(GIVEN INFORMATION Opens)

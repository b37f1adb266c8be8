-- ===== src/ControlPlane/Invariant/Sections/Register.antt =====
-- `register`, and the append to a warm list, keep the invariant.
use lean_sandbox.Common.{
  ℕ, zero, suc, ◌≡◌, refl, sym, ap, ◌∙◌, ◌≢◌, false, ◌⊎◌, inl, inr, some, List, [], ◌∷◌, ◌++◌,
  arith, length, get_elem?, ◌==◌, Bool-cases, lt-length_of_get_elem?, get_elem?-append_left,
  get_elem?-append_new,
}
use mathlib.Core.Path.{subst}
use lean_sandbox.Common.Text.{Bytes}
use lean_sandbox.Common.Dict.{nat_eq, bytes_eq, get, get-put}
use lean_sandbox.Api.{SandboxId}
use lean_sandbox.ControlPlane.{Sandbox, warm_refs, register, append_warm}
use lean_sandbox.ControlPlane.Heap.{Has, Distinct, Has-append, Distinct-concat}
use lean_sandbox.ControlPlane.Invariant.{System, Idle, Inv, put_induction}

-- The id of no sandbox so far.
abbrev pub IsFresh : List Sandbox → SandboxId → Type 0
IsFresh heap id = (a : ℕ) (x : Sandbox) → get_elem? heap a ≡ some x → x.id ≢ id

pub new_or_old :
    (heap : List Sandbox) (sb : Sandbox) (a : ℕ) {x : Sandbox}
    → get_elem? (heap ++ sb ∷ []) a ≡ some x
    → (get_elem? heap a ≡ some x) ⊎ ((a ≡ length heap) × (x ≡ sb))
new_or_old [] sb zero e = inr (refl, ground arith)
new_or_old [] sb (suc a) e = cc
new_or_old (y ∷ heap) sb zero e = inl e
new_or_old (y ∷ heap) sb (suc a) e = elim (new_or_old heap sb a e) [
  | inl h ↦ inl h
  | inr (p, q) ↦ inr (ap suc p, q)
]

pub old :
    (heap : List Sandbox) (sb : Sandbox) (a : ℕ) {x : Sandbox}
    → get_elem? heap a ≡ some x
    → get_elem? (heap ++ sb ∷ []) a ≡ some x
old heap sb a e = get_elem?-append_left heap (sb ∷ []) a (lt-length_of_get_elem? heap a e) ∙ e

Idle-old :
    (heap : List Sandbox) (sb : Sandbox) (image : Bytes) (a : ℕ)
    → Idle heap image a
    → Idle (heap ++ sb ∷ []) image a
Idle-old heap sb image a (x, e, i, c) = (x, old heap sb a e, i, c)

not-Idle_new : (heap : List Sandbox) (image : Bytes) (a : ℕ) → a ≡ length heap → ¬ Idle heap image a
not-Idle_new heap image a p (x, e, _, _) = omega (arith, lt-length_of_get_elem? heap a e)

module _ (s : System) (v : Inv s) (sb : Sandbox) (fresh : IsFresh s.heap sb.id) where
  register-ids :
      (i a : ℕ)
      → get i (register s.cp sb).by_id ≡ some a
      → (x : Sandbox) × (get_elem? (register s.cp sb).heap a ≡ some x) × (x.id ≡ i)
  unfolding register
  register-ids i a e = elim (Bool-cases (sb.id == i)) [
    | inl h ↦ (
      sb,
      ground (arith, get-put sb.id i (length s.heap) s.by_id, get_elem?-append_new s.heap sb),
      ground arith,
    )
    | inr h ↦
        let (x, f, p) = v.ids i a (ground (arith, get-put sb.id i (length s.heap) s.by_id)) in
        (x, old s.heap sb a f, p)
  ]

  register_unique :
      (a b : ℕ) (x y : Sandbox)
      → get_elem? (register s.cp sb).heap a ≡ some x
      → get_elem? (register s.cp sb).heap b ≡ some y
      → x.id ≡ y.id
      → a ≡ b
  unfolding register
  register_unique a b x y e f p = elim (new_or_old s.heap sb a e) [
    | inl h ↦ elim (new_or_old s.heap sb b f) [
      | inl k ↦ v.unique a b x y h k p
      | inr (k, q) ↦ absurd (fresh a x h (p ∙ ap (λ (z : Sandbox). z.id) q))
    ]
    | inr (h, q) ↦ elim (new_or_old s.heap sb b f) [
      | inl k ↦ absurd (fresh b y k (sym p ∙ ap (λ (z : Sandbox). z.id) q))
      | inr (k, r) ↦ h ∙ sym k
    ]
  ]

  register-warm :
      (image : Bytes) (a : ℕ)
      → Has a (warm_refs (register s.cp sb) image)
      → Idle (register s.cp sb).heap image a
  unfolding register
  register-warm image a h = Idle-old s.heap sb image a (v.warm image a h)

  -- Registering a sandbox of a fresh id keeps the invariant.
  pub register-Inv : Inv (record s { cp = register s.cp sb })
  unfolding register
  register-Inv = record {
    ids = register-ids;
    warm = register-warm;
    once = v.once;
    unique = register_unique;
    waiting =
        λ a h. let ((img, idle), n) = v.waiting a h in ((img, Idle-old s.heap sb img a idle), n);
    waits_once = v.waits_once;
  }

  -- So does registering one that a refill will append.
  pub register_pending-Inv :
      sb.claimed ≡ false
      → Inv (record { cp = register s.cp sb; pending = s.pending ++ length s.heap ∷ [] })
  unfolding register
  register_pending-Inv c = record {
    ids = register-ids;
    warm = register-warm;
    once = v.once;
    unique = register_unique;
    waiting = λ a h. elim ((Has-append a s.pending (length s.heap ∷ [])).0 h) [
      | inl k ↦ let ((img, idle), n) = v.waiting a k in ((img, Idle-old s.heap sb img a idle), n)
      | inr k ↦ elim k [
        | inl p ↦ (
          (sb.image, (sb, new_elem a p, refl, c)),
          λ i m. not-Idle_new s.heap i a p (v.warm i a m),
        )
        | inr f ↦ absurd f
      ]
    ];
    waits_once = Distinct-concat s.pending (length s.heap) v.waits_once (λ k.
        let ((img, idle), _) = v.waiting (length s.heap) k in
        not-Idle_new s.heap img (length s.heap) refl idle);
  }
    where
      new_elem : (a : ℕ) → a ≡ length s.heap → get_elem? (s.heap ++ sb ∷ []) a ≡ some sb
      new_elem a p = rw p (get_elem?-append_new s.heap sb)

pub append_warm-Inv :
    (s : System) (image : Bytes) (a : ℕ) (others : List ℕ)
    → Inv s
    → Idle s.heap image a
    → ((img : Bytes) → ¬ Has a (warm_refs s.cp img))
    → Distinct others
    → ¬ Has a others
    → ((b : ℕ) → Has b others → Has b s.pending)
    → Inv (record { cp = append_warm s.cp image a; pending = others })
unfolding append_warm
append_warm-Inv s image a others v idle out d n sub = record {
  ids = v.ids;
  warm = λ img b.
      put_induction (λ i xs. Has b xs → Idle s.heap i b) s.cp image img _
        (λ h. elim ((Has-append b (warm_refs s.cp image) (a ∷ [])).0 h) [
          | inl k ↦ v.warm image b k
          | inr k ↦ elim k [ inl p ↦ subst (Idle s.heap image) (sym p) idle | inr f ↦ absurd f ]
        ])
        (λ _. v.warm img b);
  once = λ img.
      put_induction (λ _ xs. Distinct xs) s.cp image img _
        (Distinct-concat (warm_refs s.cp image) a (v.once image) (out image)) (λ _. v.once img);
  unique = v.unique;
  waiting = λ b h.
      let (i, k) = v.waiting b (sub b h) in
      (
        i,
        λ img.
            put_induction (λ _ xs. ¬ Has b xs) s.cp image img _
              (λ m. elim ((Has-append b (warm_refs s.cp image) (a ∷ [])).0 m) [
                | inl p ↦ k image p
                | inr p ↦ elim p [ inl q ↦ n (subst (λ t. Has t others) q h) | inr f ↦ absurd f ]
              ])
              (λ _. k img),
      );
  waits_once = d;
}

(GIVEN INFORMATION Closes)

→ TASK:
Using the entries above, quote each line verbatim from the first through the line that contains "not-Idle_new heap image".

→ ANSWER SPACE:
repository b37f1adb266c8be8
-- ===== src/ControlPlane/Invariant/Sections/Register.antt =====
-- `register`, and the append to a warm list, keep the invariant.
use lean_sandbox.Common.{
  ℕ, zero, suc, ◌≡◌, refl, sym, ap, ◌∙◌, ◌≢◌, false, ◌⊎◌, inl, inr, some, List, [], ◌∷◌, ◌++◌,
  arith, length, get_elem?, ◌==◌, Bool-cases, lt-length_of_get_elem?, get_elem?-append_left,
  get_elem?-append_new,
}
use mathlib.Core.Path.{subst}
use lean_sandbox.Common.Text.{Bytes}
use lean_sandbox.Common.Dict.{nat_eq, bytes_eq, get, get-put}
use lean_sandbox.Api.{SandboxId}
use lean_sandbox.ControlPlane.{Sandbox, warm_refs, register, append_warm}
use lean_sandbox.ControlPlane.Heap.{Has, Distinct, Has-append, Distinct-concat}
use lean_sandbox.ControlPlane.Invariant.{System, Idle, Inv, put_induction}

-- The id of no sandbox so far.
abbrev pub IsFresh : List Sandbox → SandboxId → Type 0
IsFresh heap id = (a : ℕ) (x : Sandbox) → get_elem? heap a ≡ some x → x.id ≢ id

pub new_or_old :
    (heap : List Sandbox) (sb : Sandbox) (a : ℕ) {x : Sandbox}
    → get_elem? (heap ++ sb ∷ []) a ≡ some x
    → (get_elem? heap a ≡ some x) ⊎ ((a ≡ length heap) × (x ≡ sb))
new_or_old [] sb zero e = inr (refl, ground arith)
new_or_old [] sb (suc a) e = cc
new_or_old (y ∷ heap) sb zero e = inl e
new_or_old (y ∷ heap) sb (suc a) e = elim (new_or_old heap sb a e) [
  | inl h ↦ inl h
  | inr (p, q) ↦ inr (ap suc p, q)
]

pub old :
    (heap : List Sandbox) (sb : Sandbox) (a : ℕ) {x : Sandbox}
    → get_elem? heap a ≡ some x
    → get_elem? (heap ++ sb ∷ []) a ≡ some x
old heap sb a e = get_elem?-append_left heap (sb ∷ []) a (lt-length_of_get_elem? heap a e) ∙ e

Idle-old :
    (heap : List Sandbox) (sb : Sandbox) (image : Bytes) (a : ℕ)
    → Idle heap image a
    → Idle (heap ++ sb ∷ []) image a
Idle-old heap sb image a (x, e, i, c) = (x, old heap sb a e, i, c)

not-Idle_new : (heap : List Sandbox) (image : Bytes) (a : ℕ) → a ≡ length heap → ¬ Idle heap image a
not-Idle_new heap image a p (x, e, _, _) = omega (arith, lt-length_of_get_elem? heap a e)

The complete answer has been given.